At a glance, a competitive group of apprentice photographers is formed, determined to record the glow as closely as possible. In Indian manner, their risky abuses are carried out with a leniency that goes beyond any behavioral logic, whether Buddhist or Hindu.
Darjeeling: the Ultimate Station
We complete the last 7km of the line, starting with the main alley of Ghum, where we have rammed grocery stores, greengrocers and other successive businesses in such a way that owners and customers are forced to take refuge in the interior.
In fact, it would suffice for us to stretch out an arm to stock up on pomegranates, shoes, cricket bats or many other goods at hand.
In the turmoil of the squeeze, we left Ghum aimed at the Batasia Loop, the most famous and whimsical of the Toy Train stations.
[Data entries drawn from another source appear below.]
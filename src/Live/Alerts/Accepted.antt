-- ===== src/Live/Alerts/Accepted.antt =====
-- What the custom rules satisfy that `_custom_alert_rules` of oad_parser/live/alerts.py accepts.
use oad_parser.Common.{
  ℕ, ◌+◌, ◌≡◌, ◌≢◌, refl, subst, ap, Bool, true, false, not, List, [], ◌∷◌, ◌++◌, Result, ok, err,
  ◌>>◌, >>=-eq-ok,
}
use oad_parser.Common.Text.{Text, codes, join}
use oad_parser.Common.Dict.{equals_text}
use oad_parser.Common.Value.{
  Value, null, boolean, integer, floating, text, binary, sequence, mapping, Items, done, item,
  Fields, Python, get, str, contains_text,
}
use oad_parser.Live.Writer.PolicyCheck.{keys, sorted_difference, raise_names, raise_text_if}
use oad_parser.Live.Writer.Labels.{raise_text_if-eq-ok}
use oad_parser.Live.Alerts.Config.{CustomAlertCondition, CustomAlertRule}
use oad_parser.Live.Alerts.Parse.{alert_policy_v2_schema_version, severities, is_severity}
use oad_parser.Live.Alerts.RuleFile.{
  get_or, or_value, bool_or, text_or, some_or, logic_of, upper, rule_keys, empty_for_null, indexed,
  rule_of, rules_in, condition_of, condition_loop, custom_conditions, custom_rule_name,
  custom_rule_id, read_rule, rule_loop, custom_alert_rules,
}

-- Behind some ids: each rule has a new id, one of the severities and a condition.
abbrev pub AreAcceptable : List Text → List CustomAlertRule → Type 0
AreAcceptable seen [] = Unit
AreAcceptable seen (r ∷ rules) =
    (contains_text r.id seen ≡ false)
    × (contains_text r.severity severities ≡ true)
    × (r.conditions ≢ [])
    × AreAcceptable (r.id ∷ seen) rules

abbrev value_in {ℓ} : {A : Type ℓ} → A → Result A → A
value_in a (ok b) = b
value_in a (err raised) = a

true_of_not : (b : Bool) → not b ≡ false → b ≡ true
true_of_not true e = refl
true_of_not false e = cc e

severity_text :
    (v : Value) (path t : Text)
    → is_severity v ≡ true
    → text_or v path ≡ ok t
    → contains_text t severities ≡ true
severity_text (text s) path t known e =
    let same : s ≡ t = cc e in subst (λ u. contains_text u severities ≡ true) same known
severity_text null path t known e = absurd (cc known)
severity_text (boolean b) path t known e = absurd (cc known)
severity_text (integer n) path t known e = absurd (cc known)
severity_text (floating w r) path t known e = absurd (cc known)
severity_text (binary bs) path t known e = absurd (cc known)
severity_text (sequence items) path t known e = absurd (cc known)
severity_text (mapping d) path t known e = absurd (cc known)

condition_loop-ne-nil :
    (path : Text) (index : ℕ) (v : Value) (items : Items) (conditions : List CustomAlertCondition)
    → condition_loop path index (item v items) ≡ ok conditions
    → conditions ≢ []
unfolding condition_loop
condition_loop-ne-nil path index v items conditions e empty =
    let (c, _, e1) = >>=-eq-ok (condition_of (indexed path index) v) _ e in
    let (cs, _, e2) = >>=-eq-ok (condition_loop path (index + 1) items) _ e1 in cc (e2, empty)

custom_conditions-ne-nil :
    (path : Text) (v : Value) (conditions : List CustomAlertCondition)
    → custom_conditions path v ≡ ok conditions
    → conditions ≢ []
unfolding custom_conditions
custom_conditions-ne-nil path (sequence (item v items)) conditions e =
    condition_loop-ne-nil path 0 v items conditions e
custom_conditions-ne-nil path (sequence done) conditions e = absurd (cc e)
custom_conditions-ne-nil path null conditions e = absurd (cc e)
custom_conditions-ne-nil path (boolean b) conditions e = absurd (cc e)
custom_conditions-ne-nil path (integer n) conditions e = absurd (cc e)
custom_conditions-ne-nil path (floating w r) conditions e = absurd (cc e)
custom_conditions-ne-nil path (text t) conditions e = absurd (cc e)
custom_conditions-ne-nil path (binary bs) conditions e = absurd (cc e)
custom_conditions-ne-nil path (mapping d) conditions e = absurd (cc e)

module _ (py : Python) (sha1_hex : Text → Text) where
  -- One rule by itself.
  record IsAcceptable (seen : List Text) (r : CustomAlertRule) : Type 0 where
    new_id : contains_text r.id seen ≡ false
    known : contains_text r.severity severities ≡ true
    nonempty : r.conditions ≢ []

  read_rule-IsAcceptable :
      (path : Text) (seen : List Text) (d : Fields) (r : CustomAlertRule)
      → read_rule py sha1_hex path seen d ≡ ok r
      → IsAcceptable seen r
  unfolding read_rule
  read_rule-IsAcceptable path seen d r e =
      let written = get_or (codes "severity") (text (codes "medium")) d in
      let (_, _, e1) =
        >>=-eq-ok
          (raise_names (path ++ codes " has unknown key(s): ")
            (sorted_difference (rule_keys py sha1_hex) (keys d)))
          _ e in
      let (name, _, e2) = >>=-eq-ok (custom_rule_name path (get (codes "name") d)) _ e1 in
      let (rule_id, _, e3) = >>=-eq-ok (custom_rule_id py sha1_hex d name) _ e2 in
      let (u, new, e4) =
        >>=-eq-ok
          (raise_text_if (contains_text rule_id seen)
            (codes "custom_rules has duplicate id: " ++ rule_id))
          _ e3 in
      let (enabled, _, e5) =
        >>=-eq-ok
          (bool_or (get_or (codes "enabled") (boolean true) d)
            (path ++ codes ".enabled must be boolean"))
          _ e4 in
      let (v, checked, e6) =
        >>=-eq-ok
          (raise_text_if (not (is_severity written))
            (path ++ (codes ".severity must be one of: " ++ join (codes ", ") severities)))
          _ e5 in
      let (severity, is_text, e7) = >>=-eq-ok (text_or written path) _ e6 in
      let (description, _, e8) =
        >>=-eq-ok
          (text_or (empty_for_null (get_or (codes "description") (text []) d))
            (path ++ codes ".description must be a string"))
          _ e7 in
      let (logic, _, e9) =
        >>=-eq-ok
          (some_or
            (logic_of (upper (str py (or_value (get (codes "logic") d) (text (codes "ALL"))))))
            (path ++ codes ".logic must be ALL or ANY"))
          _ e8 in
      let (conditions, read, last) =
        >>=-eq-ok (custom_conditions (path ++ codes ".conditions") (get (codes "conditions") d)) _
          e9 in
      let same_id : rule_id ≡ r.id = ap (λ x. (value_in r x).id) last in
      let same_severity : severity ≡ r.severity = ap (λ x. (value_in r x).severity) last in
      let same_conditions : conditions ≡ r.conditions = ap (λ x. (value_in r x).conditions) last in
      record {
        new_id = subst (λ t. contains_text t seen ≡ false) same_id (raise_text_if-eq-ok _ _ u new);
        known =
            subst (λ t. contains_text t severities ≡ true) same_severity
              (severity_text written path severity
                (true_of_not _ (raise_text_if-eq-ok _ _ v checked)) is_text);
        nonempty =
            subst (λ cs. cs ≢ []) same_conditions
              (custom_conditions-ne-nil _ (get (codes "conditions") d) conditions read);
      }

  rule_of-IsAcceptable :
      (path : Text) (seen : List Text) (v : Value) (r : CustomAlertRule)
      → rule_of py sha1_hex path seen v ≡ ok r
      → IsAcceptable seen r
  rule_of-IsAcceptable path seen (mapping d) r e = read_rule-IsAcceptable path seen d r e
  rule_of-IsAcceptable path seen null r e = absurd (cc e)
  rule_of-IsAcceptable path seen (boolean b) r e = absurd (cc e)
  rule_of-IsAcceptable path seen (integer n) r e = absurd (cc e)
  rule_of-IsAcceptable path seen (floating w t) r e = absurd (cc e)
  rule_of-IsAcceptable path seen (text t) r e = absurd (cc e)
  rule_of-IsAcceptable path seen (binary bs) r e = absurd (cc e)
  rule_of-IsAcceptable path seen (sequence items) r e = absurd (cc e)

  rule_loop-AreAcceptable :
      (seen : List Text) (index : ℕ) (items : Items) (rules : List CustomAlertRule)
      → rule_loop py sha1_hex seen index items ≡ ok rules
      → AreAcceptable seen rules
  unfolding rule_loop
  rule_loop-AreAcceptable seen index done rules e =
      let same : [] ≡ rules = cc e in subst (AreAcceptable seen) same tt
  rule_loop-AreAcceptable seen index (item v items) rules e =
      let (r, read, e1) =
        >>=-eq-ok (rule_of py sha1_hex (indexed (codes "custom_rules") index) seen v) _ e in
      let (rs, rest, e2) = >>=-eq-ok (rule_loop py sha1_hex (r.id ∷ seen) (index + 1) items) _ e1 in
      let same : (r ∷ rs) ≡ rules = cc e2 in
      let ok_rule = rule_of-IsAcceptable (indexed (codes "custom_rules") index) seen v r read in
      subst (AreAcceptable seen) same (
        ok_rule.new_id,
        ok_rule.known,
        ok_rule.nonempty,
        rule_loop-AreAcceptable (r.id ∷ seen) (index + 1) items rs rest,
      )

  rules_in-AreAcceptable :
      (v : Value) (rules : List CustomAlertRule)
      → rules_in py sha1_hex v ≡ ok rules
      → AreAcceptable [] rules
  rules_in-AreAcceptable (sequence items) rules e = rule_loop-AreAcceptable [] 0 items rules e
  rules_in-AreAcceptable null rules e = absurd (cc e)
  rules_in-AreAcceptable (boolean b) rules e = absurd (cc e)
  rules_in-AreAcceptable (integer n) rules e = absurd (cc e)
  rules_in-AreAcceptable (floating w t) rules e = absurd (cc e)
  rules_in-AreAcceptable (text t) rules e = absurd (cc e)
  rules_in-AreAcceptable (binary bs) rules e = absurd (cc e)
  rules_in-AreAcceptable (mapping d) rules e = absurd (cc e)

  behind_version :
      (v : Value) (schema_version : Text) (rules : List CustomAlertRule)
      → (raise_text_if
            (not (equals_text schema_version alert_policy_v2_schema_version))
            (codes "custom_rules require schema_version " ++ alert_policy_v2_schema_version)
          >> rules_in py sha1_hex v)
        ≡ ok rules
      → AreAcceptable [] rules
  behind_version v schema_version rules e =
      let (_, _, read) =
        >>=-eq-ok
          (raise_text_if (not (equals_text schema_version alert_policy_v2_schema_version))
            (codes "custom_rules require schema_version " ++ alert_policy_v2_schema_version))
          _ e in
      rules_in-AreAcceptable v rules read

  -- The custom rules that a policy file is accepted with have different ids, a severity that has a
  -- rank, and at least one condition each.
  pub custom_alert_rules-AreAcceptable :
      (v : Value) (schema_version : Text) (rules : List CustomAlertRule)
      → custom_alert_rules py sha1_hex v schema_version ≡ ok rules
      → AreAcceptable [] rules
  unfolding custom_alert_rules
  custom_alert_rules-AreAcceptable null schema_version rules e =
      let same : [] ≡ rules = cc e in subst (AreAcceptable []) same tt
  custom_alert_rules-AreAcceptable (boolean b) schema_version rules e =
      behind_version (boolean b) schema_version rules e
  custom_alert_rules-AreAcceptable (integer n) schema_version rules e =
      behind_version (integer n) schema_version rules e
  custom_alert_rules-AreAcceptable (floating w t) schema_version rules e =
      behind_version (floating w t) schema_version rules e
  custom_alert_rules-AreAcceptable (text t) schema_version rules e =
      behind_version (text t) schema_version rules e
  custom_alert_rules-AreAcceptable (binary bs) schema_version rules e =
      behind_version (binary bs) schema_version rules e
  custom_alert_rules-AreAcceptable (sequence items) schema_version rules e =
      behind_version (sequence items) schema_version rules e
  custom_alert_rules-AreAcceptable (mapping d) schema_version rules e =
      behind_version (mapping d) schema_version rules e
When we get there, it's almost dark.
And already quite dark by the time, 80km and 8h after the departure from Siliguri, the composition stops at the definitive stop of Darjeeling, where Raney was waiting for us.
We could even have reached the final station of the Darjeeling Himalayan Railway at 2200m altitude. But we weren't fed up with the picturesque Toy Train.
Raney thought he would drive us to Darjeeling's hotel straight away. Instead, the mystical combination of vaporized fog and fire that we had detected minutes earlier in the DHR's small oily rail yard entices us to snoop.
The Darjeeling Smoky Shipyard
For almost half an hour, we follow the movements of the employees who, sometimes warm up the conversation by a vigorous fire, sometimes take care of several British locomotives: vintage B-Class (792, 788, 795, 805 “Iron Sherpa”), all built between 1889 and 1925 by the firm Sharp, Stewart & Company, later by the North British Locomotive Company. Finally, we surrendered to fatigue and took shelter at Darjeeling Tourist Lodge.
In the days that follow, we explore the city, its tea plantations and surroundings with our usual zeal. We also took advantage of the excitement that we already brought from the trip from Siliguri. Whenever we can, we instruct Raney to pursue or advance the various DHRs.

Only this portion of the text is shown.